5. Data quality management is mostly reactive: this is mostly the sign of data quality program in its early stages, but also one without data governance. Data quality issues are identified and dealt with in a reactive way, not always tacking the root cause of the problem.
2. Data governance exists, but it is undercover
You might actually say that "well, we're not in such a bad place as you've just described it above". You might actually have:
- A data quality policy
- Data quality standards
- Data quality metrics & KPIs
- Defined roles and responsibilities
- Defined processes, procedures, etc.
Then you probably have what I like to call "undercover data governance". You probably have a lot of the pieces of data governance, but without that defined data governance organizational framework, without formalizing data governance. You have more data governance elements than you think you do, which is good, it's a good place to be in as you can use this momentum and work already done to start formalizing data governance.
Data quality and data governance relationship
I think I've already made it clear from the previous section that data governance and data quality exist in a symbiotic relationship. They are two sides of the same coin. You can't have good data quality without data governance, and a data governance implementation must be really ineffective to not address data quality.
There is actually quite a bit of an overlap between data quality and data governance, such as in:
Data rules
Data standards
Data auditing
Data validation
Ongoing evaluation
Data enhancement
Data quality dimensions
Metrics & KPIs
Reporting
Prioritization
Ongoing improvement
Processes & procedures
Communication & change management
Data governance describes who needs to do what, to what data, under what conditions, and what processes, procedures, tools, and overall best practices to use. So a lot will beneficially impact data quality, but not only. The standards, metrics, roles and responsibilities, data rules and so on will benefit data quality, hence the overlap, but not just data quality. There's a direct benefit to master data management, data accessibility, data integration, metadata management, business intelligence, even data security, and so forth and so on.
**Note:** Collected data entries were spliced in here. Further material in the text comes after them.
-- ===== src/Runtime/Plans.antt =====
-- internal/runtime/plan.go.
pub mod Found
use sbox_manager.Common.{
  Bool, List, Option, Outcome, String, [], any, failure, false, find_first, has, if◌then◌else◌,
  insert, keep, lookup, map, none, not, some, sort, sort_stable, success, text_lt, traverse, true,
  ◌&&◌, ◌++◌, ◌<>◌, ◌==◌, ◌>>=◌, ◌||◌, ◌∷◌,
}
use sbox_manager.Domain.Models.{GlobalConfig, Instance}
use sbox_manager.Generator.Builds.{build_config_with_instances}
use sbox_manager.Runtime.Manifests.{load_manifest, validate_relative_path}
use sbox_manager.Runtime.Model.{
  Action, Change, Codec, DesiredFile, Disk, ManifestFile, Plan, RuntimeManifest, action_text,
  create, delete, no_change, read_file, update,
}
use sbox_manager.Std.FilePaths.{join, rel}
use sbox_manager.Subscription.Inputs.{skipped}

-- `selectTargetInstances`: the instances, the scope, and whether all are meant.
unfoldable pub select_target_instances :
    List Instance → String → Outcome (List Instance × List String × Bool)
select_target_instances instances target =
    if target == ""
    then success (keep (λ (i : Instance). i.enabled) instances, [], true)
    else elim (find_first (λ (i : Instance). i.name == target) instances) [
      | none ↦ failure "instance %q does not exist"
      | some i ↦ success (i ∷ [], target ∷ [], false)
    ]

unfoldable pub relative_runtime_path : String → String → Outcome String
relative_runtime_path runtime file = elim (rel runtime file) [
  | none ↦ failure "calculate relative_path: %w"
  | some path ↦ elim (validate_relative_path path) [ none ↦ success path | some e ↦ failure e ]
]

abbrev pub instance_service : String → String
instance_service name = "sbox@" <> name <> ".service"

abbrev pub generated_path : String → String → String
generated_path generated name = join generated ("sing-box/" <> name <> ".json")

-- The last file of a manifest that has the relative path.
unfoldable pub by_relative :
    List (String × ManifestFile) → List ManifestFile → List (String × ManifestFile)
by_relative m [] = m
by_relative m (f ∷ fs) = by_relative (insert f.relative_path f m) fs

-- A map's value, or the zero value.
abbrev pub text_at : String → List (String × String) → String
text_at key m = elim (lookup key m) [ none ↦ "" | some v ↦ v ]

abbrev pub hash_at : String → Option (List (String × String)) → String
hash_at key none = ""
hash_at key (some m) = text_at key m

abbrev pub files_of : Option RuntimeManifest → List ManifestFile
files_of none = []
files_of (some m) = m.files

module _ {B : Type 0} (codec : Codec B) where
  -- One round of the loop over the target instances.
  unfoldable pub desired_file : GlobalConfig → List Instance → Instance → Outcome (DesiredFile B)
  desired_file global instances i = do
    config ← build_config_with_instances global instances i
    relative ←
        relative_runtime_path global.paths.runtime (generated_path global.paths.generated i.name)
    success (record {
      file = record {
        instance_name = i.name;
        path = generated_path global.paths.generated i.name;
        relative_path = relative;
        sha256 = codec.hash (codec.encode_config config);
        service = instance_service i.name;
      };
      contents = codec.encode_config config;
    })

  -- `InstanceSHA256`.
  unfoldable pub instance_hashes : List (String × String) → List Instance → List (String × String)
  instance_hashes m [] = m
  instance_hashes m (i ∷ is) =
      instance_hashes (insert i.name (codec.hash (codec.encode_instance i)) m) is

  -- The action where the file is there with the bytes `b`.
  unfoldable pub action_of_file :
      Option RuntimeManifest → String → String → DesiredFile B → ManifestFile → B → Action
  action_of_file manifest config_hash instance_hash desired existing b =
      if not (codec.hash b == desired.file.sha256) || not (existing.sha256 == desired.file.sha256)
      then update
      else elim manifest [
        | none ↦ update
        | some m ↦
            if not (m.config_sha256 == config_hash)
            then update
            else if not (hash_at desired.file.instance_name m.instance_sha256 == instance_hash)
            then update
            else no_change
      ]

  -- `desiredAction`; `existing` is the file of the manifest with the same relative path.
  unfoldable pub desired_action :
      Disk B
      → Option RuntimeManifest
      → String
      → String
      → DesiredFile B
      → Option ManifestFile
      → Outcome Action
  desired_action disk manifest config_hash instance_hash desired none = success create
  desired_action disk manifest config_hash instance_hash desired (some existing) =
      if existing.relative_path == "" then success create else do
        found ← read_file disk existing.path
        elim found [
          | none ↦ success create
          | some b ↦ success (action_of_file manifest config_hash instance_hash desired existing b)
        ]

  unfoldable pub desired_change :
      Disk B
      → Option RuntimeManifest
      → String
      → List (String × String)
      → List (String × ManifestFile)
      → DesiredFile B
      → Outcome (Change B)
  desired_change disk manifest config_hash hashes present desired = do
    action ←
        desired_action disk manifest config_hash (text_at desired.file.instance_name hashes) desired
          (lookup desired.file.relative_path present)
    success (record { action = action; file = desired.file; contents = desired.contents })

-- `inTargetScope`.
abbrev pub in_target_scope : Bool → List String → String → Bool
in_target_scope full_scope scope name = full_scope || has scope name

-- The texts without those that came before.
dedupe : List String → List String → List String
dedupe seen [] = []
dedupe seen (s ∷ ss) =
    let skipped = dedupe seen ss in
    let kept = s ∷ dedupe (s ∷ seen) ss in if has seen s then skipped else kept

module _ {B : Type 0} where
  -- `HasChanges`.
  abbrev pub is_change : Change B → Bool
  is_change c = not (action_text c.action == "no-change")

  unfoldable pub has_changes : Plan B → Bool
  has_changes plan = any is_change plan.changes

  abbrev pub relative_paths : List (DesiredFile B) → List String
  relative_paths = map (λ (d : DesiredFile B). d.file.relative_path)

  abbrev pub deletion : B → ManifestFile → Change B
  deletion nil_bytes file = record { action = delete; file = file; contents = nil_bytes }

  -- The files of the manifest in the scope that are desired no more.
  unfoldable pub obsolete :
      Bool → List String → List (DesiredFile B) → List ManifestFile → List ManifestFile
  obsolete full_scope scope desired = keep (λ (f : ManifestFile).
      in_target_scope full_scope scope f.instance_name
      && not (has (relative_paths desired) f.relative_path))

  -- The order of the changes.
  abbrev pub change_before : Change B → Change B → Bool
  change_before a b =
      if a.file.relative_path == b.file.relative_path
      then text_lt (action_text a.action) (action_text b.action)
      else text_lt a.file.relative_path b.file.relative_path

  abbrev pub desired_before : DesiredFile B → DesiredFile B → Bool
  desired_before a b = text_lt a.file.relative_path b.file.relative_path

  -- `Services`.
  unfoldable pub services : Plan B → List String
  unfolding dedupe
  services plan =
      sort text_lt (dedupe [] (map (λ (d : DesiredFile B). d.file.service) plan.desired_files))

module _ {B : Type 0} (codec : Codec B) where
  -- `buildChanges` of a plan without changes.
  unfoldable pub build_changes : Disk B → Plan B → Outcome (Plan B)
  build_changes disk plan = do
    changes ←
        traverse
          (desired_change codec disk plan.existing plan.config_sha256 plan.instance_sha256
            (by_relative [] (files_of plan.existing)))
          plan.desired_files
    success (record plan {
      changes = sort_stable change_before (
          changes
          ++ map (deletion codec.nil_bytes) (
              obsolete plan.full_scope plan.target_scope plan.desired_files
                (files_of plan.existing)));
    })

  -- The plan before its changes.
  abbrev pub draft_plan :
      GlobalConfig
      → String
      → List Instance
      → List String
      → Bool
      → List (DesiredFile B)
      → Option RuntimeManifest
      → Plan B
  draft_plan global target targets scope full_scope desired existing = record {
    manifest_path = join global.paths.runtime "manifest.json";
    runtime_dir = global.paths.runtime;
    generated_dir = global.paths.generated;
    target = target;
    config_sha256 = codec.hash (codec.encode_global global);
    instance_sha256 = instance_hashes codec [] targets;
    existing = existing;
    desired_files = sort_stable desired_before desired;
    changes = [];
    target_scope = scope;
    full_scope = full_scope;
  }

  -- `BuildPlan`.
  unfoldable pub build_plan : GlobalConfig → List Instance → String → Disk B → Outcome (Plan B)
  build_plan global instances target disk = do
    (targets, scope, full_scope) ← select_target_instances instances target
    desired ← traverse (desired_file codec global instances) targets
    existing ←
        load_manifest codec disk (join global.paths.runtime "manifest.json") global.paths.generated
    build_changes disk (draft_plan global target targets scope full_scope desired existing)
Of course, there are also areas only pertaining to data quality such as: data profiling, data matching, root cause analysis, and data cleansing. As there are on the data governance side: data accessibility, data compliance, data policies, roles & responsibilities.
Conclusion
Many times data quality is one of the drivers of data governance and that's the initial focus of a data governance program hence maybe the confusion between the two. But again they are not the same. They are two sides of the same coin and you can't have one without the other.